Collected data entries
▬▬▬▬▬▬

-- ===== src/Cas/Store/Materialize/Tally.antt =====
-- crates/jet-cas/src/store.rs: the counters `MaterializeStats`, and what they count.
use jetrun.Prelude.{ℕ, ◌+◌, ◌%◌, ◌^◌, Bool, List, [], ◌∷◌, Bytes, ◌≡◌, arith}
use jetrun.Cas.Link.{LinkMode, reflink, hardlink, copy, Place}
use jetrun.Cas.Store.{PathBuf}
use jetrun.Cas.Store.Materialize.{
  add64, MaterializeStats, Effect, made_dir, placed, left, chmod, made_symlink, record_file,
}

-- The sum over what was done.
abbrev pub tally : (Effect → ℕ) → List Effect → ℕ
tally weight [] = 0
tally weight (e ∷ log) = weight e + tally weight log

abbrev pub reflinks : Effect → ℕ
reflinks (made_dir path) = 0
reflinks (placed path digest size executable reflink place) = 1
reflinks (placed path digest size executable hardlink place) = 0
reflinks (placed path digest size executable copy place) = 0
reflinks (left path place) = 0
reflinks (chmod path mode place) = 0
reflinks (made_symlink path target) = 0

abbrev pub hardlinks : Effect → ℕ
hardlinks (made_dir path) = 0
hardlinks (placed path digest size executable reflink place) = 0
hardlinks (placed path digest size executable hardlink place) = 1
hardlinks (placed path digest size executable copy place) = 0
hardlinks (left path place) = 0
hardlinks (chmod path mode place) = 0
hardlinks (made_symlink path target) = 0

abbrev pub copies : Effect → ℕ
copies (made_dir path) = 0
copies (placed path digest size executable reflink place) = 0
copies (placed path digest size executable hardlink place) = 0
copies (placed path digest size executable copy place) = 1
copies (left path place) = 0
copies (chmod path mode place) = 0
copies (made_symlink path target) = 0

abbrev pub directories : Effect → ℕ
directories (made_dir path) = 1
directories (placed path digest size executable mode place) = 0
directories (left path place) = 0
directories (chmod path mode place) = 0
directories (made_symlink path target) = 0

abbrev pub links : Effect → ℕ
links (made_dir path) = 0
links (placed path digest size executable mode place) = 0
links (left path place) = 0
links (chmod path mode place) = 0
links (made_symlink path target) = 1

abbrev pub octets : Effect → ℕ
octets (made_dir path) = 0
octets (placed path digest size executable mode place) = size
octets (left path place) = 0
octets (chmod path mode place) = 0
octets (made_symlink path target) = 0

abbrev Counts : ℕ → (Effect → ℕ) → List Effect → Type 0
Counts n weight log = n ≡ tally weight log % 2 ^ 64

-- Each counter is the sum of what was done, on `u64`.
pub record Agrees (stats : MaterializeStats) (log : List Effect) : Type 0 where
  pub reflinked : Counts stats.reflinked reflinks log
  pub hardlinked : Counts stats.hardlinked hardlinks log
  pub copied : Counts stats.copied copies log
  pub dirs : Counts stats.dirs directories log
  pub symlinks : Counts stats.symlinks links log
  pub bytes : Counts stats.bytes octets log

more : (n t k : ℕ) → n ≡ t % 2 ^ 64 → add64 n k ≡ (k + t) % 2 ^ 64
more n t k h = omega arith

same : (n t : ℕ) → n ≡ t % 2 ^ 64 → n ≡ (0 + t) % 2 ^ 64
same n t h = omega arith

-- What neither places, makes a directory nor makes a link changes no counter.
pub chmod-Agrees :
    {stats : MaterializeStats} {log : List Effect} (path : PathBuf) (mode : ℕ) (place : Place)
    → Agrees stats log
    → Agrees stats (chmod path mode place ∷ log)
chmod-Agrees path mode place a = record {
  reflinked = same _ _ a.reflinked;
  hardlinked = same _ _ a.hardlinked;
  copied = same _ _ a.copied;
  dirs = same _ _ a.dirs;
  symlinks = same _ _ a.symlinks;
  bytes = same _ _ a.bytes;
}

pub left-Agrees :
    {stats : MaterializeStats} {log : List Effect} (path : PathBuf) (place : Place)
    → Agrees stats log
    → Agrees stats (left path place ∷ log)
left-Agrees path place a = record {
  reflinked = same _ _ a.reflinked;
  hardlinked = same _ _ a.hardlinked;
  copied = same _ _ a.copied;
  dirs = same _ _ a.dirs;
  symlinks = same _ _ a.symlinks;
  bytes = same _ _ a.bytes;
}

pub placed-Agrees :
    {log : List Effect} (path : PathBuf) (digest : Bytes) (size : ℕ) (executable : Bool)
    (mode : LinkMode) (place : Place) (stats : MaterializeStats)
    → Agrees stats log
    → Agrees (record_file mode size stats) (placed path digest size executable mode place ∷ log)
placed-Agrees path digest size executable reflink place stats a = record {
  reflinked = more _ _ 1 a.reflinked;
  hardlinked = same _ _ a.hardlinked;
  copied = same _ _ a.copied;
  dirs = same _ _ a.dirs;
  symlinks = same _ _ a.symlinks;
  bytes = more _ _ size a.bytes;
}
placed-Agrees path digest size executable hardlink place stats a = record {
  reflinked = same _ _ a.reflinked;
  hardlinked = more _ _ 1 a.hardlinked;
  copied = same _ _ a.copied;
  dirs = same _ _ a.dirs;
  symlinks = same _ _ a.symlinks;
  bytes = more _ _ size a.bytes;
}
placed-Agrees path digest size executable copy place stats a = record {
  reflinked = same _ _ a.reflinked;
  hardlinked = same _ _ a.hardlinked;
  copied = more _ _ 1 a.copied;
  dirs = same _ _ a.dirs;
  symlinks = same _ _ a.symlinks;
  bytes = more _ _ size a.bytes;
}

pub dir_made-Agrees :
    {log : List Effect} (path : PathBuf) (stats : MaterializeStats)
    → Agrees stats log
    → Agrees (record stats { dirs = add64 stats.dirs 1 }) (made_dir path ∷ log)
dir_made-Agrees path stats a = record {
  reflinked = same _ _ a.reflinked;
  hardlinked = same _ _ a.hardlinked;
  copied = same _ _ a.copied;
  dirs = more _ _ 1 a.dirs;
  symlinks = same _ _ a.symlinks;
  bytes = same _ _ a.bytes;
}

pub symlink_made-Agrees :
    {log : List Effect} (path : PathBuf) (target : Bytes) (stats : MaterializeStats)
    → Agrees stats log
    → Agrees (record stats { symlinks = add64 stats.symlinks 1 }) (made_symlink path target ∷ log)
symlink_made-Agrees path target stats a = record {
  reflinked = same _ _ a.reflinked;
  hardlinked = same _ _ a.hardlinked;
  copied = same _ _ a.copied;
  dirs = same _ _ a.dirs;
  symlinks = more _ _ 1 a.symlinks;
  bytes = same _ _ a.bytes;
}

▬▬▬▬▬▬

YOUR OBJECTIVE:
From the records above, copy each line where the word "Bool" can be found.

ANSWER SECTION:
use jetrun.Prelude.{ℕ, ◌+◌, ◌%◌, ◌^◌, Bool, List, [], ◌∷◌, Bytes, ◌≡◌, arith}
    {log : List Effect} (path : PathBuf) (digest : Bytes) (size : ℕ) (executable : Bool)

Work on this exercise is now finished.